Check each line of the entries for "realtime" and report the ones that have it.
(STORED DATA begins)
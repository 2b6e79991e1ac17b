-- ===== src/Tracker/Confirmed.antt =====
-- The confirmed part of a sorted history.
use mwck_rs.Prelude.{
  ◌≡◌, refl, sym, ◌∙◌, ap, Bool, inl, inr, List, [], ◌∷◌, arith, if◌then◌else◌, All, select,
  All-select, Bool-cases,
}
use mwck_rs.Esplora.{Tx, IsWellDated}
use mwck_rs.Tracker.Order.{in_time, insert_by_time, sort_by_time}
use mwck_rs.Tracker.Sorting.{
  Before, IsSorted, Before→in_time, in_time→Before, All-Before, sort_by_time-All,
  sort_by_time-IsSorted,
}

-- What stands before all of a list goes to its front.
insert_by_time-front :
    (x : Tx) (l : List Tx)
    → IsWellDated x
    → All IsWellDated l
    → All (Before x) l
    → insert_by_time x l ≡ x ∷ l
unfolding insert_by_time
insert_by_time-front x [] d ds b = refl
insert_by_time-front x (y ∷ l) d ds b = rw (Before→in_time x y d ds.0 b.0) refl

select-insert_by_time :
    (p : Tx → Bool) (x : Tx) (l : List Tx)
    → IsWellDated x
    → All IsWellDated l
    → IsSorted l
    → select p (insert_by_time x l) ≡ (if p x then insert_by_time x (select p l) else select p l)
unfolding insert_by_time
select-insert_by_time p x [] d ds s = ground arith
select-insert_by_time p x (y ∷ l) d ds s = elim (Bool-cases (in_time x y)) [
  | inl first ↦
      let b = in_time→Before x y d ds.0 first in
      let front =
        insert_by_time-front x (select p (y ∷ l)) d (All-select _ p (y ∷ l) ds)
          (All-select _ p (y ∷ l) (b, All-Before x y l b s.0)) in
      rw (first, insert_by_time) (ap (λ r. if p x then r else select p (y ∷ l)) (sym front))
  | inr later ↦ ground (arith, later, select-insert_by_time p x l d ds.1 s.1)
]

-- Sorting and then keeping some is keeping some and then sorting.
pub select-sort_by_time :
    (p : Tx → Bool) (l : List Tx)
    → All IsWellDated l
    → select p (sort_by_time l) ≡ sort_by_time (select p l)
unfolding sort_by_time
select-sort_by_time p [] d = refl
select-sort_by_time p (x ∷ l) d =
    let sorted = sort_by_time l in
    select-insert_by_time p x sorted d.0 (sort_by_time-All IsWellDated l d.1)
      (sort_by_time-IsSorted l d.1)
    ∙ elim (Bool-cases (p x)) [
      | inl kept ↦ rw (kept, select-sort_by_time p l d.1) refl
      | inr dropped ↦ rw (dropped, select-sort_by_time p l d.1) refl
    ]
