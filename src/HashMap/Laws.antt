-- ===== src/HashMap/Laws.antt =====
-- The laws of the hash map that the components use.
use mwck_rs.Prelude.{ℕ, ◌+◌, ◌≡◌, refl, none, some, [], ◌∷◌, arith, ◌==◌, if◌then◌else◌, All}
use mwck_rs.HashMap.{Map, lookup, insert, remove, IsUnique, total}

module _ {ℓ} {V : Type ℓ} where
  pub lookup-insert :
      (k j : ℕ) (v : V) (m : Map V)
      → lookup j (insert k v m) ≡ (if k == j then some v else lookup j m)
  lookup-insert k j v [] = refl
  lookup-insert k j v ((i, w) ∷ m) = ground (arith, lookup-insert k j v m)

  pub lookup-remove :
      (k j : ℕ) (m : Map V) → lookup j (remove k m) ≡ (if k == j then none else lookup j m)
  lookup-remove k j [] = ground arith
  lookup-remove k j ((i, w) ∷ m) = ground (arith, lookup-remove k j m)

  pub insert-IsUnique : (k : ℕ) (v : V) (m : Map V) → IsUnique m → IsUnique (insert k v m)
  insert-IsUnique k v [] u = (refl, tt)
  insert-IsUnique k v ((i, w) ∷ m) u =
      ground (arith, insert-IsUnique k v m u.1, lookup-insert k i v m)

  pub remove-IsUnique : (k : ℕ) (m : Map V) → IsUnique m → IsUnique (remove k m)
  remove-IsUnique k [] u = tt
  remove-IsUnique k ((i, w) ∷ m) u = ground (arith, remove-IsUnique k m u.1, lookup-remove k i m)

  pub remove_absent : (k : ℕ) (m : Map V) → lookup k m ≡ none → remove k m ≡ m
  remove_absent k [] e = refl
  remove_absent k ((i, w) ∷ m) e = ground (arith, remove_absent k m)

  pub total-insert :
      (f : V → ℕ) (k : ℕ) (v : V) (m : Map V)
      → lookup k m ≡ none
      → total f (insert k v m) ≡ total f m + f v
  total-insert f k v [] e = omega arith
  total-insert f k v ((i, w) ∷ m) e = ground (arith, total-insert f k v m)

  pub total-remove :
      (f : V → ℕ) (k : ℕ) (v : V) (m : Map V)
      → IsUnique m
      → lookup k m ≡ some v
      → total f (remove k m) + f v ≡ total f m
  total-remove f k v [] u e = cc
  total-remove f k v ((i, w) ∷ m) u e = ground (arith, total-remove f k v m u.1, remove_absent k m)

  module _ {κ} (P : ℕ × V → Type κ) where
    pub insert-All : (k : ℕ) (v : V) (m : Map V) → P (k, v) → All P m → All P (insert k v m)
    insert-All k v [] p h = (p, tt)
    insert-All k v ((i, w) ∷ m) p h = ground (arith, insert-All k v m p h.1)

    pub remove-All : (k : ℕ) (m : Map V) → All P m → All P (remove k m)
    remove-All k [] h = tt
    remove-All k ((i, w) ∷ m) h = ground (arith, remove-All k m h.1)
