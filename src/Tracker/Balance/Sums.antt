-- ===== src/Tracker/Balance/Sums.antt =====
-- What the two loops over a transaction do to the four counters.
use mwck_rs.Prelude.{
  ℕ, ◌+◌, ◌%◌, ◌≡◌, refl, Bool, true, false, Option, none, some, List, [], ◌∷◌, arith, ◌==◌,
  if◌then◌else◌,
}
use mwck_rs.Esplora.{ScriptBuf, PrevOut, Vin, Vout, Tx}
use mwck_rs.Tracker.Balance.{
  Balance, Balances, u64_mod, add64, sub64, apply_spent, apply_funded, apply_prevout, apply_vins,
  apply_vouts,
}

-- The counters of confirmed transactions, or of those in the mempool.
abbrev pub bucket : Bool → Balances → Balance
bucket true b = b.confirmed
bucket false b = b.mempool

-- What an input spends from the address.
abbrev pub vin_value : ScriptBuf → Option PrevOut → ℕ
vin_value spk none = 0
vin_value spk (some p) = if p.scriptpubkey == spk then p.value else 0

abbrev pub vins_value : ScriptBuf → List Vin → ℕ
vins_value spk [] = 0
vins_value spk (vin ∷ vins) = vin_value spk vin.prevout + vins_value spk vins

abbrev pub vouts_value : ScriptBuf → List Vout → ℕ
vouts_value spk [] = 0
vouts_value spk (vout ∷ vouts) =
    (if vout.scriptpubkey == spk then vout.value else 0) + vouts_value spk vouts

-- A flag as a condition on a value.
abbrev pub when : Bool → Bool → ℕ → ℕ
when true true n = n
when false false n = n
when true false n = 0
when false true n = 0

-- The counters of `b`, up to multiples of 2^64, given as sums.
pub record Holds (b : Balances) (spent funded : Bool → ℕ) : Type 0 where
  pub spent_confirmed : b.confirmed.spent ≡ spent true % u64_mod
  pub spent_mempool : b.mempool.spent ≡ spent false % u64_mod
  pub funded_confirmed : b.confirmed.funded ≡ funded true % u64_mod
  pub funded_mempool : b.mempool.funded ≡ funded false % u64_mod

vin-add :
    (spk : ScriptBuf) (c : Bool) (p : Option PrevOut) (b : Balances) (s f : Bool → ℕ)
    → Holds b s f
    → Holds (apply_prevout add64 spk c p b) (λ k. s k + when c k (vin_value spk p)) f
unfolding apply_prevout apply_spent add64
vin-add spk true none b s f h = ground arith
vin-add spk false none b s f h = ground arith
vin-add spk true (some p) b s f h = ground arith
vin-add spk false (some p) b s f h = ground arith

vout-add :
    (spk : ScriptBuf) (c : Bool) (v : Vout) (b : Balances) (s f : Bool → ℕ)
    → Holds b s f
    → Holds
        (if v.scriptpubkey == spk then apply_funded add64 c v.value b else b)
        s
        (λ k. f k + when c k (if v.scriptpubkey == spk then v.value else 0))
unfolding apply_funded add64
vout-add spk true v b s f h = ground arith
vout-add spk false v b s f h = ground arith

vin-sub :
    (spk : ScriptBuf) (c : Bool) (p : Option PrevOut) (b : Balances) (s f : Bool → ℕ)
    → Holds b (λ k. s k + when c k (vin_value spk p)) f
    → Holds (apply_prevout sub64 spk c p b) s f
unfolding apply_prevout apply_spent sub64
vin-sub spk true none b s f h = ground arith
vin-sub spk false none b s f h = ground arith
vin-sub spk true (some p) b s f h = ground arith
vin-sub spk false (some p) b s f h = ground arith

vout-sub :
    (spk : ScriptBuf) (c : Bool) (v : Vout) (b : Balances) (s f : Bool → ℕ)
    → Holds b s (λ k. f k + when c k (if v.scriptpubkey == spk then v.value else 0))
    → Holds (if v.scriptpubkey == spk then apply_funded sub64 c v.value b else b) s f
unfolding apply_funded sub64
vout-sub spk true v b s f h = ground arith
vout-sub spk false v b s f h = ground arith

-- Equal sums serve alike.
pub Holds-eq :
    (b : Balances) (s f s' f' : Bool → ℕ)
    → ((k : Bool) → s k ≡ s' k)
    → ((k : Bool) → f k ≡ f' k)
    → Holds b s f
    → Holds b s' f'
Holds-eq b s f s' f' es ef h = ground (arith, es true, es false, ef true, ef false)

when-add : (c k : Bool) (m n : ℕ) → when c k (m + n) ≡ when c k m + when c k n
when-add true true m n = refl
when-add true false m n = refl
when-add false true m n = refl
when-add false false m n = refl

vins-add :
    (spk : ScriptBuf) (c : Bool) (vins : List Vin) (b : Balances) (s f : Bool → ℕ)
    → Holds b s f
    → Holds (apply_vins add64 spk c vins b) (λ k. s k + when c k (vins_value spk vins)) f
unfolding apply_vins
vins-add spk true [] b s f h = ground arith
vins-add spk false [] b s f h = ground arith
vins-add spk c (v ∷ vins) b s f h =
    Holds-eq _ _ _ _ _ (λ k. omega (arith, when-add c k)) (λ k. refl)
      (vins-add spk c vins _ _ f (vin-add spk c v.prevout b s f h))

vouts-add :
    (spk : ScriptBuf) (c : Bool) (vouts : List Vout) (b : Balances) (s f : Bool → ℕ)
    → Holds b s f
    → Holds (apply_vouts add64 spk c vouts b) s (λ k. f k + when c k (vouts_value spk vouts))
unfolding apply_vouts
vouts-add spk true [] b s f h = ground arith
vouts-add spk false [] b s f h = ground arith
vouts-add spk c (v ∷ vouts) b s f h =
    Holds-eq _ _ _ _ _ (λ k. refl) (λ k. omega (arith, when-add c k))
      (vouts-add spk c vouts _ s _ (vout-add spk c v b s f h))

vins-sub :
    (spk : ScriptBuf) (c : Bool) (vins : List Vin) (b : Balances) (s f : Bool → ℕ)
    → Holds b (λ k. s k + when c k (vins_value spk vins)) f
    → Holds (apply_vins sub64 spk c vins b) s f
unfolding apply_vins
vins-sub spk true [] b s f h = ground arith
vins-sub spk false [] b s f h = ground arith
vins-sub spk c (v ∷ vins) b s f h = vins-sub spk c vins _ s f (
    vin-sub spk c v.prevout b (λ k. s k + when c k (vins_value spk vins)) f
      (Holds-eq b _ f _ f (λ k. omega (arith, when-add c k)) (λ k. refl) h))

vouts-sub :
    (spk : ScriptBuf) (c : Bool) (vouts : List Vout) (b : Balances) (s f : Bool → ℕ)
    → Holds b s (λ k. f k + when c k (vouts_value spk vouts))
    → Holds (apply_vouts sub64 spk c vouts b) s f
unfolding apply_vouts
vouts-sub spk true [] b s f h = ground arith
vouts-sub spk false [] b s f h = ground arith
vouts-sub spk c (v ∷ vouts) b s f h = vouts-sub spk c vouts _ s f (
    vout-sub spk c v b s (λ k. f k + when c k (vouts_value spk vouts))
      (Holds-eq b s _ s _ (λ k. refl) (λ k. omega (arith, when-add c k)) h))

-- What a transaction spends from the address and pays to it, counted where its status says.
abbrev pub tx_spent : ScriptBuf → Bool → Tx → ℕ
tx_spent spk k tx = when tx.status.confirmed k (vins_value spk tx.vin)

abbrev pub tx_funded : ScriptBuf → Bool → Tx → ℕ
tx_funded spk k tx = when tx.status.confirmed k (vouts_value spk tx.vout)

-- Both loops over a transaction add its values.
pub tx-add :
    (spk : ScriptBuf) (tx : Tx) (b : Balances) (s f : Bool → ℕ)
    → Holds b s f
    → Holds
        (apply_vouts add64 spk tx.status.confirmed tx.vout
          (apply_vins add64 spk tx.status.confirmed tx.vin b))
        (λ k. s k + tx_spent spk k tx)
        (λ k. f k + tx_funded spk k tx)
tx-add spk tx b s f h = vouts-add spk _ tx.vout _ _ f (vins-add spk _ tx.vin b s f h)

-- The loops that undo it take the same values off, whether or not a counter has wrapped around.
pub tx-sub :
    (spk : ScriptBuf) (tx : Tx) (b : Balances) (s f : Bool → ℕ)
    → Holds b (λ k. s k + tx_spent spk k tx) (λ k. f k + tx_funded spk k tx)
    → Holds
        (apply_vouts sub64 spk tx.status.confirmed tx.vout
          (apply_vins sub64 spk tx.status.confirmed tx.vin b))
        s
        f
tx-sub spk tx b s f h = vouts-sub spk _ tx.vout _ s f (vins-sub spk _ tx.vin b s _ h)
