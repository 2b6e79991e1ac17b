-- ===== src/Tracker/Ledger.antt =====
-- The balance of a tracker against the transactions that it holds.
use mwck_rs.Prelude.{
  ℕ, ◌≡◌, refl, ◌∙◌, inl, inr, Bool, Option, none, some, arith, ◌==◌, if◌then◌else◌, All,
  Bool-cases,
}
use mwck_rs.HashMap.{Map, lookup, remove, contains_key, IsUnique, total}
use mwck_rs.HashMap.Laws.{
  lookup-insert, lookup-remove, insert-IsUnique, remove-IsUnique, total-insert, total-remove,
  insert-All, remove-All,
}
use mwck_rs.Esplora.{ScriptBuf, Txid, Tx}
use mwck_rs.Tracker.Balance.Sums.{Holds, Holds-eq, tx_spent, tx_funded, tx-add, tx-sub}
use mwck_rs.Tracker.{
  Tracker, new, remove_found, remove_transaction, insert_transaction, add_transaction,
}

-- What the held transactions spend from the address, and what they pay to it.
abbrev pub held_spent : ScriptBuf → Map Tx → Bool → ℕ
held_spent spk txs k = total (tx_spent spk k) txs

abbrev pub held_funded : ScriptBuf → Map Tx → Bool → ℕ
held_funded spk txs k = total (tx_funded spk k) txs

-- Each transaction is held once, under its txid, and each counter is the sum over the
-- transactions held, up to the wrap-around of `u64`.
pub record IsBalanced (t : Tracker) : Type 0 where
  pub keyed : All (λ (e : ℕ × Tx). e.0 ≡ e.1.txid) t.transactions
  pub unique : IsUnique t.transactions
  pub holds :
      Holds t.balance
        (held_spent t.scriptpubkey t.transactions)
        (held_funded t.scriptpubkey t.transactions)

pub new-IsBalanced : (spk : ScriptBuf) → IsBalanced (new spk)
unfolding new
new-IsBalanced spk = record { keyed = tt; unique = tt; holds = omega arith }

remove_found-IsBalanced :
    (t : Tracker) (txid : Txid) (o : Option Tx)
    → lookup txid t.transactions ≡ o
    → IsBalanced t
    → IsBalanced (remove_found t txid o)
unfolding remove_found
remove_found-IsBalanced t txid none e b = b
remove_found-IsBalanced t txid (some tx) e b = record {
  keyed = remove-All (λ (e : ℕ × Tx). e.0 ≡ e.1.txid) txid t.transactions b.keyed;
  unique = remove-IsUnique txid t.transactions b.unique;
  holds =
      let spk = t.scriptpubkey in
      tx-sub spk tx t.balance (held_spent spk (remove txid t.transactions))
        (held_funded spk (remove txid t.transactions))
        (Holds-eq t.balance _ _ _ _
          (λ k. omega (arith, total-remove (tx_spent spk k) txid tx t.transactions b.unique e))
          (λ k. omega (arith, total-remove (tx_funded spk k) txid tx t.transactions b.unique e))
          b.holds);
}

pub remove_transaction-IsBalanced :
    (txid : Txid) (t : Tracker) → IsBalanced t → IsBalanced (remove_transaction txid t)
unfolding remove_transaction
remove_transaction-IsBalanced txid t b =
    remove_found-IsBalanced t txid (lookup txid t.transactions) refl b

insert_transaction-IsBalanced :
    (tx : Tx) (t : Tracker)
    → lookup tx.txid t.transactions ≡ none
    → IsBalanced t
    → IsBalanced (insert_transaction tx t)
unfolding insert_transaction
insert_transaction-IsBalanced tx t e b = record {
  keyed = insert-All (λ (e : ℕ × Tx). e.0 ≡ e.1.txid) tx.txid tx t.transactions refl b.keyed;
  unique = insert-IsUnique tx.txid tx t.transactions b.unique;
  holds =
      let spk = t.scriptpubkey in
      Holds-eq _ _ _ _ _
        (λ k. omega (arith, total-insert (tx_spent spk k) tx.txid tx t.transactions e))
        (λ k. omega (arith, total-insert (tx_funded spk k) tx.txid tx t.transactions e))
        (tx-add spk tx t.balance _ _ b.holds);
}

-- What `remove_transaction` leaves in the map.
remove_found-transactions :
    (txid : Txid) (t : Tracker) (o : Option Tx)
    → lookup txid t.transactions ≡ o
    → (j : Txid)
    → lookup j (remove_found t txid o).transactions
      ≡ (if txid == j then none else lookup j t.transactions)
unfolding remove_found
remove_found-transactions txid t none e j = ground arith
remove_found-transactions txid t (some tx) e j = lookup-remove txid j t.transactions

pub lookup-remove_transaction :
    (txid : Txid) (t : Tracker) (j : Txid)
    → lookup j (remove_transaction txid t).transactions
      ≡ (if txid == j then none else lookup j t.transactions)
unfolding remove_transaction
lookup-remove_transaction txid t j =
    remove_found-transactions txid t (lookup txid t.transactions) refl j

pub lookup-add_transaction :
    (tx : Tx) (t : Tracker) (j : Txid)
    → lookup j (add_transaction tx t).transactions
      ≡ (if tx.txid == j then some tx else lookup j t.transactions)
unfolding add_transaction insert_transaction
lookup-add_transaction tx t j = elim (Bool-cases (contains_key tx.txid t.transactions)) [
  | inl held ↦ rw (held, lookup-insert, lookup-remove_transaction) (ground arith)
  | inr new_one ↦ rw (new_one, lookup-insert)
]

pub add_transaction-IsBalanced :
    (tx : Tx) (t : Tracker) → IsBalanced t → IsBalanced (add_transaction tx t)
unfolding add_transaction
add_transaction-IsBalanced tx t b = elim (Bool-cases (contains_key tx.txid t.transactions)) [
  | inl held ↦ rw held (
      insert_transaction-IsBalanced tx _
        (lookup-remove_transaction tx.txid t tx.txid ∙ ground arith)
        (remove_transaction-IsBalanced tx.txid t b))
  | inr new_one ↦ rw new_one (insert_transaction-IsBalanced tx t (ground arith) b)
]
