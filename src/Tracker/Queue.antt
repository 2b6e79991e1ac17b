-- ===== src/Tracker/Queue.antt =====
-- The queue of a tracker that is loading: what it defers, and what draining it does.
use mwck_rs.Prelude.{
  ℕ, zero, suc, ◌≤◌, ◌≡◌, refl, sym, ap, subst, inl, inr, Bool, true, false, not, ◌&&◌, List, [],
  ◌∷◌, ◌++◌, append_assoc, append-nil, arith, if◌then◌else◌, length, Bool-cases,
}
use mwck_rs.HashMap.{contains_key}
use mwck_rs.Esplora.{Txid, Tx}
use mwck_rs.Event.{AddressEvent}
use mwck_rs.Tracker.{
  Tracker, Sends, remove_found, remove_transaction, insert_transaction, add_transaction,
  apply_event, process_event, and_then, drain_loop, drain_queue, set_loading,
}

abbrev pub with_queue : List AddressEvent → Tracker → Tracker
with_queue q t = record t { queue = q }

abbrev pub with_loading : Bool → Tracker → Tracker
with_loading l t = record t { loading = l }

-- A list of events, each applied at once, in order.
unfoldable pub apply_all : List AddressEvent → Tracker → Sends
apply_all [] t = (t, [])
apply_all (e ∷ es) t = and_then (apply_event e t) (apply_all es)

-- A list of events, each handed to `process_event` as it comes in.
unfoldable pub receive_all : List AddressEvent → Tracker → Sends
receive_all [] t = (t, [])
receive_all (e ∷ es) t = and_then (process_event e true t) (receive_all es)

remove-with :
    (txid : Txid) (q : List AddressEvent) (l : Bool) (t : Tracker)
    → remove_transaction txid (with_loading l (with_queue q t))
      ≡ with_loading l (with_queue q (remove_transaction txid t))
unfolding remove_transaction remove_found
remove-with txid q l t = ground arith

add-with :
    (tx : Tx) (q : List AddressEvent) (l : Bool) (t : Tracker)
    → add_transaction tx (with_loading l (with_queue q t))
      ≡ with_loading l (with_queue q (add_transaction tx t))
unfolding add_transaction insert_transaction
add-with tx q l t = elim (Bool-cases (contains_key tx.txid t.transactions)) [
  | inl held ↦ rw (held, remove-with)
  | inr new_one ↦ rw new_one
]

-- Applying an event neither reads nor writes the queue and the flag.
pub apply_event-with :
    (e : AddressEvent) (q : List AddressEvent) (l : Bool) (t : Tracker)
    → apply_event e (with_loading l (with_queue q t))
      ≡ (with_loading l (with_queue q (apply_event e t).0), (apply_event e t).1)
unfolding apply_event
apply_event-with (AddressEvent.removed s tx) q l t = rw remove-with
apply_event-with (AddressEvent.mempool s tx) q l t = rw add-with
apply_event-with (AddressEvent.confirmed s tx) q l t = rw add-with

pub apply_all-with :
    (es q : List AddressEvent) (l : Bool) (t : Tracker)
    → apply_all es (with_loading l (with_queue q t))
      ≡ (with_loading l (with_queue q (apply_all es t).0), (apply_all es t).1)
unfolding apply_all
apply_all-with [] q l t = refl
apply_all-with (e ∷ es) q l t = rw (apply_event-with, apply_all-with es)

pub apply_all-append :
    (xs ys : List AddressEvent) (t : Tracker)
    → apply_all (xs ++ ys) t ≡ and_then (apply_all xs t) (apply_all ys)
unfolding apply_all
apply_all-append [] ys t = refl
apply_all-append (x ∷ xs) ys t = rw (apply_all-append xs ys, append_assoc)

-- With as much fuel as the queue is long, the loop applies the queue in order and empties it.
drain_loop-apply_all :
    (fuel : ℕ) (q : List AddressEvent) (t : Tracker)
    → length q ≤ fuel
    → drain_loop fuel (with_queue q t) ≡ apply_all q (with_queue [] t)
unfolding drain_loop apply_all process_event
drain_loop-apply_all zero [] t h = refl
drain_loop-apply_all zero (e ∷ q) t h = absurd (omega arith)
drain_loop-apply_all (suc fuel) [] t h = refl
drain_loop-apply_all (suc fuel) (e ∷ q) t h = rw (
  apply_event-with e q t.loading t,
  apply_event-with e [] t.loading t,
  drain_loop-apply_all fuel q (with_loading t.loading (apply_event e t).0) (omega arith),
)

pub drain_queue-apply_all : (t : Tracker) → drain_queue t ≡ apply_all t.queue (with_queue [] t)
unfolding drain_queue
drain_queue-apply_all t = drain_loop-apply_all (length t.queue) t.queue t (omega arith)

-- Ending the load of a tracker applies what was queued, in order, and leaves nothing queued.
-- Any other change of the flag applies nothing.
pub set_loading_lem :
    (loading : Bool) (t : Tracker)
    → set_loading loading t ≡ (
        if t.loading && not loading
        then (with_loading loading (with_queue [] (apply_all t.queue t).0), (apply_all t.queue t).1)
        else (with_loading loading t, []))
unfolding set_loading
set_loading_lem loading t = elim (Bool-cases (t.loading && not loading)) [
  | inl e ↦ rw (e, drain_queue-apply_all, apply_all-with t.queue [] t.loading t)
  | inr e ↦ rw e
]

pub process_event-now : (e : AddressEvent) (t : Tracker) → process_event e false t ≡ apply_event e t
unfolding process_event
process_event-now e t = refl

pub set_loading-true : (t : Tracker) → set_loading true t ≡ (with_loading true t, [])
set_loading-true t =
    rw set_loading_lem (elim (Bool-cases t.loading) [ inl e ↦ rw e | inr e ↦ rw e ])

-- While a tracker loads, realtime events only lengthen its queue.
receive_all-loading :
    (es : List AddressEvent) (t : Tracker)
    → receive_all es (with_loading true t) ≡ (with_loading true (with_queue (t.queue ++ es) t), [])
unfolding receive_all process_event
receive_all-loading [] t = rw append-nil
receive_all-loading (e ∷ es) t =
    rw (receive_all-loading es (with_queue (t.queue ++ e ∷ []) t), append_assoc)

-- A tracker that has loaded applies each event as it comes.
pub receive_all-loaded :
    (es : List AddressEvent) (t : Tracker)
    → receive_all es (with_loading false t) ≡ apply_all es (with_loading false t)
unfolding receive_all apply_all process_event
receive_all-loaded [] t = refl
receive_all-loaded (e ∷ es) t = rw (
  apply_event-with e t.queue false t,
  receive_all-loaded es (with_queue t.queue (apply_event e t).0),
)

abbrev pub set_then_apply : List AddressEvent → Tracker → Sends
set_then_apply es t =
    let (t', sent) = apply_all es t in (with_loading false (with_queue [] t'), sent)

pub finish_loading :
    (t : Tracker) → set_loading false (with_loading true t) ≡ set_then_apply t.queue t
finish_loading t =
    rw (set_loading_lem false (with_loading true t), apply_all-with t.queue t.queue true t)

defer :
    (es : List AddressEvent) (t : Tracker)
    → and_then (receive_all es (with_loading true t)) (set_loading false)
      ≡ and_then (set_loading false (with_loading true t)) (receive_all es)
defer es t = rw (
  receive_all-loading es t,
  finish_loading (with_queue (t.queue ++ es) t),
  finish_loading t,
  receive_all-loaded es (with_queue [] (apply_all t.queue t).0),
  apply_all-with es [] false (apply_all t.queue t).0,
  apply_all-with (t.queue ++ es) (t.queue ++ es) t.loading t,
  apply_all-append t.queue es t,
)

-- Deferring is not observable: a loading tracker that receives realtime events and then ends its
-- load has the state, and has sent the events, of a tracker that ended its load first and then
-- received them.
pub set_loading-receive_all :
    (es : List AddressEvent) (t : Tracker)
    → t.loading ≡ true
    → and_then (receive_all es t) (set_loading false)
      ≡ and_then (set_loading false t) (receive_all es)
set_loading-receive_all es t l =
    subst
      (λ s.
        and_then (receive_all es s) (set_loading false)
        ≡ and_then (set_loading false s) (receive_all es))
      (sym (ap (λ b. with_loading b t) l)) (defer es t)
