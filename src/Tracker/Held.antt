-- ===== src/Tracker/Held.antt =====
-- Which transactions a tracker holds after a list of events.
use mwck_rs.Prelude.{◌≡◌, refl, ◌∙◌, Option, none, some, List, [], ◌∷◌, ◌==◌, if◌then◌else◌}
use mwck_rs.HashMap.{lookup}
use mwck_rs.Esplora.{Txid, Tx}
use mwck_rs.Event.{AddressEvent}
use mwck_rs.Tracker.Ledger.{lookup-add_transaction, lookup-remove_transaction}
use mwck_rs.Tracker.Queue.{apply_all}
use mwck_rs.Tracker.{Tracker, apply_event}

-- The copy that stands under a txid after one event, given the copy before it.
abbrev pub told : Txid → AddressEvent → Option Tx → Option Tx
told j (AddressEvent.removed s tx) old = if tx.txid == j then none else old
told j (AddressEvent.mempool s tx) old = if tx.txid == j then some tx else old
told j (AddressEvent.confirmed s tx) old = if tx.txid == j then some tx else old

-- The last event about a txid settles what is held under it.
unfoldable pub last_told : Txid → List AddressEvent → Option Tx → Option Tx
last_told j [] old = old
last_told j (e ∷ es) old = last_told j es (told j e old)

pub lookup-apply_event :
    (e : AddressEvent) (t : Tracker) (j : Txid)
    → lookup j (apply_event e t).0.transactions ≡ told j e (lookup j t.transactions)
unfolding apply_event
lookup-apply_event (AddressEvent.removed s tx) t j = lookup-remove_transaction tx.txid t j
lookup-apply_event (AddressEvent.mempool s tx) t j = lookup-add_transaction tx t j
lookup-apply_event (AddressEvent.confirmed s tx) t j = lookup-add_transaction tx t j

-- What is held under each txid is what the last event about it said, or what was held before.
pub lookup-apply_all :
    (es : List AddressEvent) (t : Tracker) (j : Txid)
    → lookup j (apply_all es t).0.transactions ≡ last_told j es (lookup j t.transactions)
unfolding apply_all last_told
lookup-apply_all [] t j = refl
lookup-apply_all (e ∷ es) t j =
    lookup-apply_all es (apply_event e t).0 j ∙ rw (lookup-apply_event e t j)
(STORED DATA ends)
TASK RESULT »
-- While a tracker loads, realtime events only lengthen its queue.
-- Deferring is not observable: a loading tracker that receives realtime events and then ends its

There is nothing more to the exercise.